**INPUT RECORDS**.

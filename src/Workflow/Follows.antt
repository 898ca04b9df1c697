-- ===== src/Workflow/Follows.antt =====
-- agent_control/workflow/scheduler.py: what a round of `run` does to the nodes when every executor
-- succeeds.
use freaky_monkey.Base.{
  ℕ, zero, suc, ◌+◌, ◌≤◌, String, Bool, true, false, Option, none, some, List, [], ◌∷◌, ◌≡◌, refl,
  ap, ◌∙◌, subst, arith, map, not, ◌||◌, All, get_elem?, inl, inr, ◌⊎◌, Bool-cases,
}
use freaky_monkey.Json.{Params}
use freaky_monkey.Workflow.Status.{StepStatus, is_completed}
use freaky_monkey.Workflow.Model.{WorkflowStep, Workflow}
use freaky_monkey.Workflow.Ready.{schedulable, made_ready, marked_steps}
use freaky_monkey.Workflow.Run.{
  Payload, Outcome, returned, threw, fail_with, finish, fill_dependent, verified, context_with,
  futures_from,
}
use freaky_monkey.Workflow.Dispatch.{Sent, Sends, marked, as_number}
use freaky_monkey.Workflow.Rounds.{set_step, receive, after_outcome}
use freaky_monkey.Workflow.Alive.{IsAlive, visited, picks, open_count}

-- What a round leaves alone in a node.
abbrev pub static : WorkflowStep → String × List String × String × List String × Option String
static s = (s.step_id, s.dependencies, s.policy_state, s.requires_data, s.resource_key)

fill_dependent-static :
    (node : String) (context : Params) (s : WorkflowStep)
    → static (fill_dependent node context s) ≡ static s
unfolding fill_dependent
fill_dependent-static node context s = ground arith

fill_dependent-status :
    (node : String) (context : Params) (s : WorkflowStep)
    → (fill_dependent node context s).status ≡ s.status
unfolding fill_dependent
fill_dependent-status node context s = ground arith

found_static : (u s : WorkflowStep) → some u ≡ some s → static s ≡ static u
found_static u s e = cc

-- A node after its executor has ended.
abbrev pub ended : WorkflowStep → Outcome → WorkflowStep
ended s (returned p) = finish s p
ended s (threw message) = fail_with s message

-- Some statuses are those in which a node has settled.
module _ (settles : StepStatus → Bool) where
  -- The node has the status that it had, or one in which it has settled.
  abbrev pub Follows : List WorkflowStep → List WorkflowStep → Type 0
  Follows [] [] = Unit
  Follows (s ∷ ss) (t ∷ ts) =
      ((static t ≡ static s) × ((t.status ≡ s.status) ⊎ (settles t.status ≡ true))) × Follows ss ts
  Follows _ _ = ⊥

  pub Follows-refl : (ss : List WorkflowStep) → Follows ss ss
  Follows-refl [] = tt
  Follows-refl (s ∷ ss) = ((refl, inl refl), Follows-refl ss)

  pub Follows-trans : (ss ts us : List WorkflowStep) → Follows ss ts → Follows ts us → Follows ss us
  Follows-trans [] [] [] h k = tt
  Follows-trans (s ∷ ss) (t ∷ ts) (u ∷ us) ((e, o), h) ((e', o'), k) =
      ((e' ∙ e, ground arith), Follows-trans ss ts us h k)
  Follows-trans [] (t ∷ ts) us h k = absurd h
  Follows-trans (s ∷ ss) [] us h k = absurd h
  Follows-trans [] [] (u ∷ us) h k = absurd k
  Follows-trans (s ∷ ss) (t ∷ ts) [] h k = absurd k

  Follows-map :
      (node : String) (context : Params) (ss ts : List WorkflowStep)
      → Follows ss ts
      → Follows ss (map (fill_dependent node context) ts)
  Follows-map node context [] [] h = tt
  Follows-map node context (s ∷ ss) (t ∷ ts) ((e, o), h) = (
    (
      fill_dependent-static node context t ∙ e,
      ground (arith, o, fill_dependent-status node context t),
    ),
    Follows-map node context ss ts h,
  )
  Follows-map node context [] (t ∷ ts) h = absurd h
  Follows-map node context (s ∷ ss) [] h = absurd h

  Follows-set_step :
      (ss : List WorkflowStep) (i : ℕ) (s t : WorkflowStep)
      → get_elem? ss i ≡ some s
      → static t ≡ static s
      → settles t.status ≡ true
      → Follows ss (set_step ss i t)
  Follows-set_step [] i s t e same done = tt
  Follows-set_step (u ∷ ss) zero s t e same done =
      ((same ∙ found_static u s e, inr done), Follows-refl ss)
  Follows-set_step (u ∷ ss) (suc i) s t e same done =
      ((refl, inl refl), Follows-set_step ss i s t e same done)

  -- The node at a position, if there is one, has settled.
  abbrev done : Option WorkflowStep → Bool
  done none = true
  done (some s) = settles s.status

  abbrev pub IsDone : List WorkflowStep → ℕ → Type 0
  IsDone ss i = done (get_elem? ss i) ≡ true

  pub Follows-IsDone :
      (ss ts : List WorkflowStep) (i : ℕ) → Follows ss ts → IsDone ss i → IsDone ts i
  Follows-IsDone [] [] i h d = refl
  Follows-IsDone (s ∷ ss) (t ∷ ts) zero h d = ground (arith, h.0.1)
  Follows-IsDone (s ∷ ss) (t ∷ ts) (suc i) h d = Follows-IsDone ss ts i h.1 d
  Follows-IsDone [] (t ∷ ts) i h d = absurd h
  Follows-IsDone (s ∷ ss) [] i h d = absurd h

  set_step-IsDone :
      (ss : List WorkflowStep) (i : ℕ) (t : WorkflowStep)
      → settles t.status ≡ true
      → IsDone (set_step ss i t) i
  set_step-IsDone [] i t h = refl
  set_step-IsDone (s ∷ ss) zero t h = h
  set_step-IsDone (s ∷ ss) (suc i) t h = set_step-IsDone ss i t h

  -- A node whose executor returned: nothing else changes but parameters.
  receive-Follows :
      (w : Workflow) (i : ℕ) (s : WorkflowStep) (p : Payload)
      → get_elem? w.steps i ≡ some s
      → settles (finish s p).status ≡ true
      → Follows w.steps (receive w i s p).steps × IsDone (receive w i s p).steps i
  unfolding receive
  receive-Follows w i s p e ok = elim (Bool-cases (verified (finish s p))) [
    | inl passed ↦
        let later =
          Follows-map (finish s p).step_id (context_with p w.context) w.steps
            (set_step w.steps i (finish s p)) here in
        rw (passed, receive)
          (
            later,
            Follows-IsDone (set_step w.steps i (finish s p)) _ i
                (Follows-map (finish s p).step_id (context_with p w.context) _ _
                  (Follows-refl (set_step w.steps i (finish s p))))
                (set_step-IsDone w.steps i (finish s p) ok),
          )
    | inr other ↦ rw (other, receive) (here, set_step-IsDone w.steps i (finish s p) ok)
  ]
    where
      here : Follows w.steps (set_step w.steps i (finish s p))
      here = Follows-set_step w.steps i s (finish s p) e refl ok

  -- One future: nothing else changes but parameters.
  pub after_outcome-Follows :
      (w : Workflow) (i : ℕ) (s : WorkflowStep) (o : Outcome)
      → get_elem? w.steps i ≡ some s
      → settles (ended s o).status ≡ true
      → Follows w.steps (after_outcome w i s o).steps × IsDone (after_outcome w i s o).steps i
  unfolding fail_with
  after_outcome-Follows w i s (returned p) e h = receive-Follows w i s p e h
  after_outcome-Follows w i s (threw message) e h = (
    Follows-set_step w.steps i s (fail_with s message) e refl h,
    set_step-IsDone w.steps i (fail_with s message) h,
  )

-- What holds of each future holds at the position of each node that was submitted.
counted_at :
    (P : ℕ → Type 0) (sent : List (WorkflowStep × Bool)) (n k : ℕ) (u : WorkflowStep)
    → All P (futures_from n sent)
    → get_elem? sent k ≡ some (u, true)
    → P (n + k)
unfolding futures_from
counted_at P [] n k u h e = cc
counted_at P ((s, true) ∷ sent) n zero u h e = subst P (omega arith) h.0
counted_at P ((s, false) ∷ sent) n zero u h e = cc
counted_at P ((s, true) ∷ sent) n (suc k) u h e =
    subst P (omega arith) (counted_at P sent (n + 1) k u h.1 e)
counted_at P ((s, false) ∷ sent) n (suc k) u h e =
    subst P (omega arith) (counted_at P sent (n + 1) k u h e)

pub submitted_at :
    (P : ℕ → Type 0) (sent : List (WorkflowStep × Bool)) (k : ℕ) (u : WorkflowStep)
    → All P (futures_from 0 sent)
    → get_elem? sent k ≡ some (u, true)
    → P k
submitted_at P sent k u h e = subst P (zero_more k) (counted_at P sent 0 k u h e)
  where
    zero_more : (k : ℕ) → 0 + k ≡ k
    zero_more k = omega arith

-- Every node that was submitted has settled.
abbrev pub AllDone : (StepStatus → Bool) → List (WorkflowStep × Bool) → List WorkflowStep → Type 0
AllDone settles sent ts =
    (k : ℕ) (u : WorkflowStep) → get_elem? sent k ≡ some (u, true) → IsDone settles ts k

schedulable_open : (status : StepStatus) → schedulable status ≡ true → is_completed status ≡ false
schedulable_open status h = ground arith

-- A node that was not submitted is as open as before, and a node that was submitted was open.
Submitted : WorkflowStep → WorkflowStep → Bool → Type 0
Submitted s t taken =
    (taken ≡ false)
      × ((is_completed t.status || schedulable t.status) ≡ true)
      × (is_completed t.status ≡ is_completed s.status)
    ⊎ (taken ≡ true) × (is_completed s.status ≡ false)

Sent-Submitted :
    (s r t : WorkflowStep) (mark taken : Bool)
    → IsAlive s
    → ((r ≡ made_ready s) × (mark ≡ true) × (is_completed s.status ≡ false)
        ⊎ (r ≡ s) × (mark ≡ false))
    → Sent r mark t taken
    → (static t ≡ static s) × Submitted s t taken
unfolding Submitted
Sent-Submitted s r t mark taken alive (inl (e, m, o)) sent =
    (ground (arith, sent), ground (arith, sent))
Sent-Submitted s r t mark taken alive (inr (e, m)) sent = (
  ground (arith, sent),
  inl (ground (arith, sent), ground (arith, sent, alive.0), ground (arith, sent)),
)

visited_cases :
    (completed : List String) (s : WorkflowStep)
    → (((visited completed s).0 ≡ made_ready s)
          × ((visited completed s).1 ≡ true)
          × (is_completed s.status ≡ false)
        ⊎ ((visited completed s).0 ≡ s) × ((visited completed s).1 ≡ false))
visited_cases completed s = elim (Bool-cases (picks completed s)) [
  | inl picked ↦ inl (rw picked refl, rw picked refl, schedulable_open s.status (ground arith))
  | inr left ↦ inr (rw left refl, rw left refl)
]

-- One node through a scan, a submission and the end of the round.
IsAlive-after :
    (s t u : WorkflowStep) (taken : Bool)
    → IsAlive s
    → static t ≡ static s
    → Submitted s t taken
    → static u ≡ static t
    → (u.status ≡ t.status) ⊎ (is_completed u.status ≡ true)
    → (taken ≡ true → is_completed u.status ≡ true)
    → IsAlive u
      × (as_number (not (is_completed u.status)) + as_number taken
          ≤ as_number (not (is_completed s.status)))
unfolding Submitted
IsAlive-after s t u taken alive same' sent same o h =
    ((ground (arith, h), ground arith), ground (arith, h))

abbrev pub Same : List WorkflowStep → List WorkflowStep → Type 0
Same [] [] = Unit
Same (s ∷ ss) (t ∷ ts) = (static t ≡ static s) × Same ss ts
Same _ _ = ⊥

-- A round in which every executor succeeds: it leaves nodes that are alive, and as many fewer open ones as
-- it submitted.
pub round-IsAlive :
    (completed : List String) (ss : List WorkflowStep) (sent : List (WorkflowStep × Bool))
    (ts : List WorkflowStep)
    → All IsAlive ss
    → Sends (map (visited completed) ss) sent
    → Follows is_completed (marked_steps sent) ts
    → AllDone is_completed sent ts
    → All IsAlive ts × Same ss ts × (open_count ts + marked sent ≤ open_count ss)
round-IsAlive completed [] [] [] alive h k d = (tt, tt, omega arith)
round-IsAlive completed (s ∷ ss) ((t, taken) ∷ sent) (u ∷ us) (here, alive) (h0, h) ((same, o), k)
      d =
    let (rest_alive, rest_same, fewer) =
      round-IsAlive completed ss sent us alive h k (λ i v e. d (suc i) v e) in
    let (unchanged, submitted) =
      Sent-Submitted s (visited completed s).0 t (visited completed s).1 taken here
        (visited_cases completed s) h0 in
    let (now, less) =
      IsAlive-after s t u taken here unchanged submitted same o
        (λ e. d 0 t (ap (λ b. some (t, b)) e)) in
    ((now, rest_alive), (same ∙ unchanged, rest_same), omega (arith, fewer, less))
round-IsAlive completed [] (m ∷ sent) ts alive h k d = absurd h
round-IsAlive completed (s ∷ ss) [] ts alive h k d = absurd h
round-IsAlive completed [] [] (u ∷ us) alive h k d = absurd k
round-IsAlive completed (s ∷ ss) (m ∷ sent) [] alive h k d = absurd k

**GOAL OF THE EXERCISE**. In the entries above, find each line that includes the string "receive" and copy it.

**OUTPUT FOR THIS EXERCISE**.
use freaky_monkey.Workflow.Rounds.{set_step, receive, after_outcome}
  receive-Follows :
      → Follows w.steps (receive w i s p).steps × IsDone (receive w i s p).steps i
  unfolding receive
  receive-Follows w i s p e ok = elim (Bool-cases (verified (finish s p))) [
        rw (passed, receive)
    | inr other ↦ rw (other, receive) (here, set_step-IsDone w.steps i (finish s p) ok)
  after_outcome-Follows w i s (returned p) e h = receive-Follows w i s p e h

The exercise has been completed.